I wanted monitoring, and I had already deployed the kube-prometheus-stack (via the rancher-monitoring chart) and I wanted to leverage that for my non-k8s monitoring needs. It seemed silly to deploy an RPM or static docker based monitoring solution when I had that shiny k3s cluster sitting there, ready to go, with something already deployed on it. It should just be as easy as coaxing the exsisting prometheus instance to scrape other /metrics endpoints, right? …right?
Assumptions
You’re deployed one of the following charts to get prometheus/prometheus-operator/grafana running in your cluster
Note: this is just using the kube-prometheus-stack charts under the hood, so all of the same CRDs will apply here (sorta, see Rancher Specifics)
You’re running node_exporter somewhere else, say on your desktop (or a fleet of bare metal servers doing non-k8s things).
For the purposes of this post, you’ll see einsteinium.lan.zeroent.net:9100 as my “external” (meaning external to the cluster) instance of node_exporter
Suggestions on the internet
When you search for “prometheus operator external metrics”, you come across a couple of blogs:
In both of these posts, the authors suggest to use a combination of a custom ServiceMonitor resource pointing to a service resource, pointing to a endpoint resource that actually references your endpoint outside the cluster.
The problem
Even once you get past the improperly indented yaml examples, there are some problems with this solution:
It requires you to reference the external instance by IP Address (no hostname)
You have to define (and keep in sync) 3 resources just to monitor one node
The first point being the biggest; it makes the whole setup somewhat fragile. If you change your IP, you have to update some of the resources. If you’re doing any hostname-based proxying on the target, you’re hooped.
This solution involves you manually modifying the kind: Prometheus resource that was deployed with the helm chart (danger) and pointing to kind: Secret resource where you’re going to define, in traditional prometheus config format, extra jobs for Prometheus to go do.
The problem
You’re manually modifying the main Prometheus custom resource (which tells the prometheus-operator how to deploy/configure prometheus). The moment you run a helm upgrade on your installation, those changes could very well get blown away.
You have one secret that you have to update any time you want to add/remove an endpoint for monitoring.

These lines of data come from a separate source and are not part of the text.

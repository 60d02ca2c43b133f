-- ===== src/Exchange/OrderBook/Sweep.antt =====
-- exchange/matcher/me_order_book.cpp, checkForMatch(): a new order against the list of the other
-- side's orders, best price first and first in first out at a price.
pub mod Loop
pub mod Total
mod Examples
use zquant_system.Prelude.{
  ℕ, zero, suc, ◌+◌, ◌-◌, ◌%◌, ◌^◌, min, ◌≡◌, ◌≢◌, refl, sym, ◌∙◌, ap, subst, inl, inr, Bool, true,
  false, not, ◌&&◌, Option, some, none, List, [], ◌∷◌, ◌++◌, append-nil, arith, ltb, leb, ◌==◌,
  Bool-cases, if◌then◌else◌, concat_map,
}
use zquant_system.Prelude.Int.{ltb_ℤ}
use zquant_system.Common.Types.{TickerId, ClientId, OrderId, Price, Qty, Side, is_buy}
use zquant_system.Common.Fault.{
  Fault, Result, Outcome, NoFault, out_of_fuel, returns, stops, bind, weaken,
}
use zquant_system.Book.{Ptr, Book, order_at, level_at, best_of}
use zquant_system.Book.Ring.{has, head?, IsDistinct}
use zquant_system.Book.Ladder.Sorted.{is_traded}
use zquant_system.Book.View.{View, Represents, IsLevel, ladder, orders}
use zquant_system.Book.View.Shape.{SameOrder, SameOrder-trans}
use zquant_system.Messages.{MeClientResponse}
use zquant_system.Exchange.OrderBook.Frame.{append_trans}
use zquant_system.Exchange.OrderBook.{
  MeOrderKey, ClientOrderHashMap, MeOrderBook, match_order, match_loop, check_for_match,
}
use zquant_system.Exchange.OrderBook.MatchOrder.{Fill, fill_responses}
use zquant_system.Exchange.OrderBook.PriceTime.{
  Execution, fill_of, IsFiled, Stepped, match_order-Stepped,
}

-- What a sweep does: its executions, the quantity it leaves, and the orders that stay.
pub record Swept : Type 0 where
  pub executions : List Execution
  pub left : Qty
  pub stay : List ℕ

abbrev pub after : Execution → Swept → Swept
after e r = record r { executions = e ∷ r.executions }

-- The orders one by one, until the quantity is used up or a price stops it. An order that is not
-- used up stays.
unfoldable pub sweep :
    (stops_at : Price → Bool) → Book MeOrderKey ClientOrderHashMap → (leaves : Qty) → List ℕ → Swept
sweep stops_at b leaves [] = record { executions = []; left = leaves; stay = [] }
sweep stops_at b leaves (p ∷ ps) =
    let fill = min leaves (order_at p b).qty in
    let on = sweep stops_at b (leaves - fill) ps in
    if leaves == 0
    then record { executions = []; left = leaves; stay = p ∷ ps }
    else if stops_at (order_at p b).price
    then record { executions = []; left = leaves; stay = p ∷ ps }
    else if (order_at p b).qty - fill == 0
    then after (record { order = p; qty = fill; leaves = leaves - fill }) on
    else record {
      executions = record { order = p; qty = fill; leaves = leaves - fill } ∷ [];
      left = leaves - fill;
      stay = p ∷ ps;
    }

module _ (stops_at : Price → Bool) where
  -- The sweep reads only the orders it passes.
  pub sweep-same :
      (b c : Book MeOrderKey ClientOrderHashMap) (leaves : Qty) (ps : List ℕ)
      → ((i : ℕ) → has i ps ≡ true → SameOrder i b c)
      → sweep stops_at c leaves ps ≡ sweep stops_at b leaves ps
  unfolding sweep
  sweep-same b c leaves [] h = refl
  sweep-same b c leaves (p ∷ ps) h =
      rw
        (
          (h p here).price,
          (h p here).qty,
          sweep-same b c (leaves - min leaves (order_at p b).qty) ps (λ i m. h i (ground arith)),
        )
        refl
    where
      here : has p (p ∷ ps) ≡ true
      here = ground arith

head?-append : (xs ys : List ℕ) (q : ℕ) → head? xs ≡ some q → head? (xs ++ ys) ≡ some q
head?-append [] ys q e = absurd (ground arith)
head?-append (x ∷ xs) ys q e = e

-- A side with a level has its first order.
first_of :
    {K I : Type 0} (b : Book K I) (v : View) (side : Side)
    → Represents b v
    → is_traded side ≡ true
    → (l : ℕ) (ls : List ℕ) → ladder side v ≡ l ∷ ls
    → (p : ℕ) × ((level_at l b).first_order ≡ some p) × (head? (orders side v) ≡ some p)
first_of b v side r t l ls f =
    let level = r.levels side t l (ap (has l) f ∙ ground arith) in
    let (p, e) = level.first in
    (
      p,
      level.orders.first ∙ e,
      ap (λ ls. head? (concat_map v.queue ls)) f
          ∙ head?-append (v.queue l) (concat_map v.queue ls) p e,
    )

-- The first order of the best level.
pub best_first :
    {K I : Type 0} (b : Book K I) (v : View) (side : Side)
    → Represents b v
    → is_traded side ≡ true
    → (p : ℕ) (ps : List ℕ) → orders side v ≡ p ∷ ps
    → (l : ℕ) × (best_of side b ≡ some l) × ((level_at l b).first_order ≡ some p)
best_first b v side r t p ps e = go (ladder side v) refl
  where
    go :
        (ls : List ℕ)
        → ladder side v ≡ ls
        → (l : ℕ) × (best_of side b ≡ some l) × ((level_at l b).first_order ≡ some p)
    go [] f = absurd (ground (arith, sym e ∙ ap (concat_map v.queue) f))
    go (l ∷ ls) f = (
      l,
      (r.ladders side t).best ∙ ap head? f,
      (first_of b v side r t l ls f).1 ∙ sym (first_of b v side r t l ls f).2 ∙ ap head? e,
    )

pub no_first :
    {K I : Type 0} (b : Book K I) (v : View) (side : Side)
    → Represents b v
    → is_traded side ≡ true
    → orders side v ≡ []
    → best_of side b ≡ none
no_first b v side r t e = go (ladder side v) refl
  where
    go : (ls : List ℕ) → ladder side v ≡ ls → best_of side b ≡ none
    go [] f = (r.ladders side t).best ∙ ap head? f
    go (l ∷ ls) f = absurd (ground (arith, sym (first_of b v side r t l ls f).2 ∙ ap head? e))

k8s secrets are notoriously messy to update. You basically have to keep the source of the secret and re-generate it every time, ala:
So, there has to be a better way (at least, I think its a better way). While trying to get blackbox_exporter to work, I came across the kind: Probe CRD provided by the prometheus-operator chart. All of the examples of using this CRD reference the blackbox_exporter, but after some digging, you can use it to create prometheus jobs. At the end of the day, all of the methods described here on the page are, one way or another, just appending to the active prometheus jobs configuration section. So if you can get a
You’ll want to create a resource that looks something like this:
When we kubectl apply -f this config, we see the resulting prometheus config changes:
Notes
In the example above, I’m showing the use of relabelingConfigs and left in the commented-out labels directive. You can use either, but don’t use both. Also, be sure to read rancher-flavored caveats.
As far as I can tell, you need to define the hostname in both targets.staticConfig.static[] as well as prober.url. If you don’t define it in targets.staticConfig.static[], then the job doesnt get created. If you don’t define prober.url, you cant define prober.path (url is a required key per the spec), but you need to define prober.path to /metrics, otherwise it’s going to query /probe (see Disadvantages)
Advantages
This has several advantages over the current recommended way of using
No modifying the original deployment of prometheus-operator
One resource per monitoring target. This allows you to easily template out the resource definition and plumb it into your automation for host provisioning:
New host? apply one of these resources.
Deleting host? delete the corresponding resource
Disadvantages
To be clear, this is abusing the probe CRD. It seems like it was intended largely for the blackbox_exporter:
All docs examples for the prober CRD reference using it for blackbox_exporter
Even though we’re overriding the path, it still is pushing blackbox_exporter style arguments (see below). Thankfully node_exporter just ignores them and passes back the metrics as expected.
Wireshark capture of incoming request
This isnt necessarily a problem, but
Because we’re abusing the functionality of the probe, this solution could break with any update.
This is due to a refactor in the kind: Probe CRD occuring between the version of kube-prometheus that the rancher-monitoring chart is using (v0.48.0) and the mainline version from upstream (kube-prometheus, v0.53.1).
What this all means: If you’re using the upstream kube-prometheus chart (rather than the rancher-monitoring chart) and you want to use the dynamic relabeling provided by prometheus, you’ll have to specify it directly under spec as metricRelabelings like so:
Ideally, the prometheus-operator would provide a generic scrape config CRD, and it just so happens theres a open GitHub issue for this. As soon as that gets implemented, you’ll have a nice, clean, k8s-native way to point at external scrape points.